Required work
From the data below, copy exactly the lines that lie between the one holding "unfolding insert job_values" and the one holding "-- The row that", including both, and nothing more.

[Stored data entries]
..........
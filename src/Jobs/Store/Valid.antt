-- ===== src/Jobs/Store/Valid.antt =====
-- The invariant of the `jobs` table: one row for an id, one live row for a release handle.
use mangarr_gateway.Prelude.{
  Bool, Bool-cases, String, [], any, any-const, arith, count, count-append, count-eq-zero,
  count-keep-le, count-map, count-map-le, false, if◌then◌else◌, inl, inr, keep, map, not, string_eq,
  subst, true, ℕ, ◌&&◌, ◌++◌, ◌∷◌, ◌≡◌, ◌≤◌, ◌⊎◌,
}
use mangarr_gateway.Jobs.Model.{Job, is_live}
use mangarr_gateway.Jobs.Row.{Row, job_values}
use mangarr_gateway.Jobs.Store.{
  update, Table, ok, has_id, live_for, insert, delete, requeue, rehydrate, prune_terminal,
}

pub record IsValid (t : Table) : Type 0 where
  pub ids : (i : String) → count (has_id i) t ≤ 1
  pub live : (h : String) → count (live_for h) t ≤ 1

abbrev pub empty : Table
empty = []

pub IsValid-empty : IsValid empty
unfolding count
IsValid-empty = record { ids = λ i. omega arith; live = λ h. omega arith }

-- The tests of `insert` leave room for the new row.
room_for :
    (p : Row → Bool) (t : Table) (r : Row)
    → (p r ≡ true → any p t ≡ false)
    → count p t ≤ 1
    → count p (t ++ r ∷ []) ≤ 1
unfolding count
room_for p t r h v = ground (arith, count-append p t (r ∷ []), count-eq-zero p t)

-- What a successful insert has tested.
pub insert_tests :
    (t t' : Table) (j : Job)
    → insert t j ≡ ok t'
    → (t' ≡ t ++ job_values j ∷ [])
      × (any (has_id j.job_id) t ≡ false)
      × (is_live j.status ≡ true → any (live_for j.release_handle) t ≡ false)
unfolding insert job_values
insert_tests t t' j h = ground arith

-- A successful insert into a valid table gives a valid table: ids are unique, and a handle has
-- at most one live row.
pub insert-IsValid : (t t' : Table) (j : Job) → IsValid t → insert t j ≡ ok t' → IsValid t'
unfolding job_values
insert-IsValid t t' j v h =
    let (e, fresh, alone) = insert_tests t t' j h in
    rw e (record {
      ids = λ i.
          room_for (has_id i) t (job_values j)
            (λ p. subst (λ k. any (has_id k) t ≡ false) ((string_eq.beq_iff _ _).0 p) fresh)
            (v.ids i);
      live = λ k.
          room_for (live_for k) t (job_values j)
            (λ p.
              subst (λ x. any (live_for x) t ≡ false) ((string_eq.beq_iff _ _).0 (ground arith))
                (alone (ground arith)))
            (v.live k);
    })

pub keep-IsValid : (p : Row → Bool) (t : Table) → IsValid t → IsValid (keep p t)
keep-IsValid p t v = record {
  ids = λ i. omega (arith, count-keep-le (has_id i) p t, v.ids i);
  live = λ h. omega (arith, count-keep-le (live_for h) p t, v.live h);
}

pub delete-IsValid : (t : Table) (i : String) → IsValid t → IsValid (delete t i)
unfolding delete
delete-IsValid t i v = keep-IsValid _ t v

pub prune_terminal-IsValid : (n : ℕ) (t : Table) → IsValid t → IsValid (prune_terminal n t).0
unfolding prune_terminal
prune_terminal-IsValid n t v = keep-IsValid _ t v

requeue_live : (now : ℕ) (h : String) (r : Row) → live_for h (requeue now r) ≡ live_for h r
unfolding requeue is_live
requeue_live now h r = ground arith

requeue_id : (now : ℕ) (i : String) (r : Row) → has_id i (requeue now r) ≡ has_id i r
unfolding requeue
requeue_id now i r = ground arith

pub rehydrate-IsValid : (now : ℕ) (t : Table) → IsValid t → IsValid (rehydrate now t)
unfolding rehydrate
rehydrate-IsValid now t v = record {
  ids = λ i. omega (arith, count-map (has_id i) (requeue now) t (requeue_id now i), v.ids i);
  live = λ h. omega (arith, count-map (live_for h) (requeue now) t (requeue_live now h), v.live h);
}

-- The row that the statement of `update` writes over `x`.
abbrev pub write_over : Row → Row → Row
write_over r x = if has_id r.job_id x then r else x

write_over_id : (r : Row) (i : String) (x : Row) → has_id i (write_over r x) ≡ has_id i x
write_over_id r i x = ground (arith, string_eq.beq_iff x.job_id r.job_id)

write_over_live :
    (r : Row) (h : String) (x : Row)
    → live_for h (write_over r x) ≡ true
    → (live_for h x ≡ true) ⊎ (has_id r.job_id x ≡ true)
write_over_live r h x e = ground arith

pub update_tests :
    (t t' : Table) (j : Job)
    → update t j ≡ ok t'
    → (t' ≡ map (write_over (job_values j)) t)
      × (any (has_id j.job_id) t ≡ true)
      × (is_live j.status ≡ true
          → any (λ x. live_for j.release_handle x && not (has_id j.job_id x)) t ≡ false)
unfolding update job_values
update_tests t t' j h = ground arith

-- Where the new row is not live under `h`, no row comes to be.
write_over_other :
    (r : Row) (h : String) (t : Table)
    → live_for h r ≡ false
    → count (live_for h) (map (write_over r) t) ≤ count (live_for h) t
write_over_other r h t e =
    count-map-le (live_for h) (live_for h) (λ _. false) (write_over r) t (λ x p. ground arith)
      (any-const t)

write_over_self :
    (r : Row) (h : String) (t : Table)
    → any (λ x. live_for h x && not (has_id r.job_id x)) t ≡ false
    → count (live_for h) (map (write_over r) t) ≤ count (has_id r.job_id) t
write_over_self r h t e =
    count-map-le (live_for h) (has_id r.job_id) (λ x. live_for h x && not (has_id r.job_id x))
      (write_over r) t (λ x p. ground arith) e

write_over-live-le :
    (t : Table) (r : Row) (h : String)
    → IsValid t
    → (is_live r.status ≡ true
        → any (λ x. live_for r.release_handle x && not (has_id r.job_id x)) t ≡ false)
    → count (live_for h) (map (write_over r) t) ≤ 1
write_over-live-le t r h v alone = elim (Bool-cases (live_for h r)) [
  | inl p ↦
      let a =
        subst (λ k. any (λ x. live_for k x && not (has_id r.job_id x)) t ≡ false)
          ((string_eq.beq_iff r.release_handle h).0 (ground arith)) (alone (ground arith)) in
      omega (arith, write_over_self r h t a, v.ids r.job_id)
  | inr p ↦ omega (arith, write_over_other r h t p, v.live h)
]

-- A successful update of a valid table gives a valid table: ids stay unique, and a handle keeps
-- at most one live row.
pub update-IsValid : (t t' : Table) (j : Job) → IsValid t → update t j ≡ ok t' → IsValid t'
unfolding job_values
update-IsValid t t' j v h =
    let (e, there, alone) = update_tests t t' j h in
    let r = job_values j in
    rw e (record {
      ids = λ i. omega (arith, count-map (has_id i) (write_over r) t (write_over_id r i), v.ids i);
      live = λ k. write_over-live-le t r k v alone;
    })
..........
Exercise solution
unfolding insert job_values
insert_tests t t' j h = ground arith

-- A successful insert into a valid table gives a valid table: ids are unique, and a handle has
-- at most one live row.
pub insert-IsValid : (t t' : Table) (j : Job) → IsValid t → insert t j ≡ ok t' → IsValid t'
unfolding job_values
insert-IsValid t t' j v h =
    let (e, fresh, alone) = insert_tests t t' j h in
    rw e (record {
      ids = λ i.
          room_for (has_id i) t (job_values j)
            (λ p. subst (λ k. any (has_id k) t ≡ false) ((string_eq.beq_iff _ _).0 p) fresh)
            (v.ids i);
      live = λ k.
          room_for (live_for k) t (job_values j)
            (λ p.
              subst (λ x. any (live_for x) t ≡ false) ((string_eq.beq_iff _ _).0 (ground arith))
                (alone (ground arith)))
            (v.live k);
    })

pub keep-IsValid : (p : Row → Bool) (t : Table) → IsValid t → IsValid (keep p t)
keep-IsValid p t v = record {
  ids = λ i. omega (arith, count-keep-le (has_id i) p t, v.ids i);
  live = λ h. omega (arith, count-keep-le (live_for h) p t, v.live h);
}

pub delete-IsValid : (t : Table) (i : String) → IsValid t → IsValid (delete t i)
unfolding delete
delete-IsValid t i v = keep-IsValid _ t v

pub prune_terminal-IsValid : (n : ℕ) (t : Table) → IsValid t → IsValid (prune_terminal n t).0
unfolding prune_terminal
prune_terminal-IsValid n t v = keep-IsValid _ t v

requeue_live : (now : ℕ) (h : String) (r : Row) → live_for h (requeue now r) ≡ live_for h r
unfolding requeue is_live
requeue_live now h r = ground arith

requeue_id : (now : ℕ) (i : String) (r : Row) → has_id i (requeue now r) ≡ has_id i r
unfolding requeue
requeue_id now i r = ground arith

pub rehydrate-IsValid : (now : ℕ) (t : Table) → IsValid t → IsValid (rehydrate now t)
unfolding rehydrate
rehydrate-IsValid now t v = record {
  ids = λ i. omega (arith, count-map (has_id i) (requeue now) t (requeue_id now i), v.ids i);
  live = λ h. omega (arith, count-map (live_for h) (requeue now) t (requeue_live now h), v.live h);
}

-- The row that the statement of `update` writes over `x`.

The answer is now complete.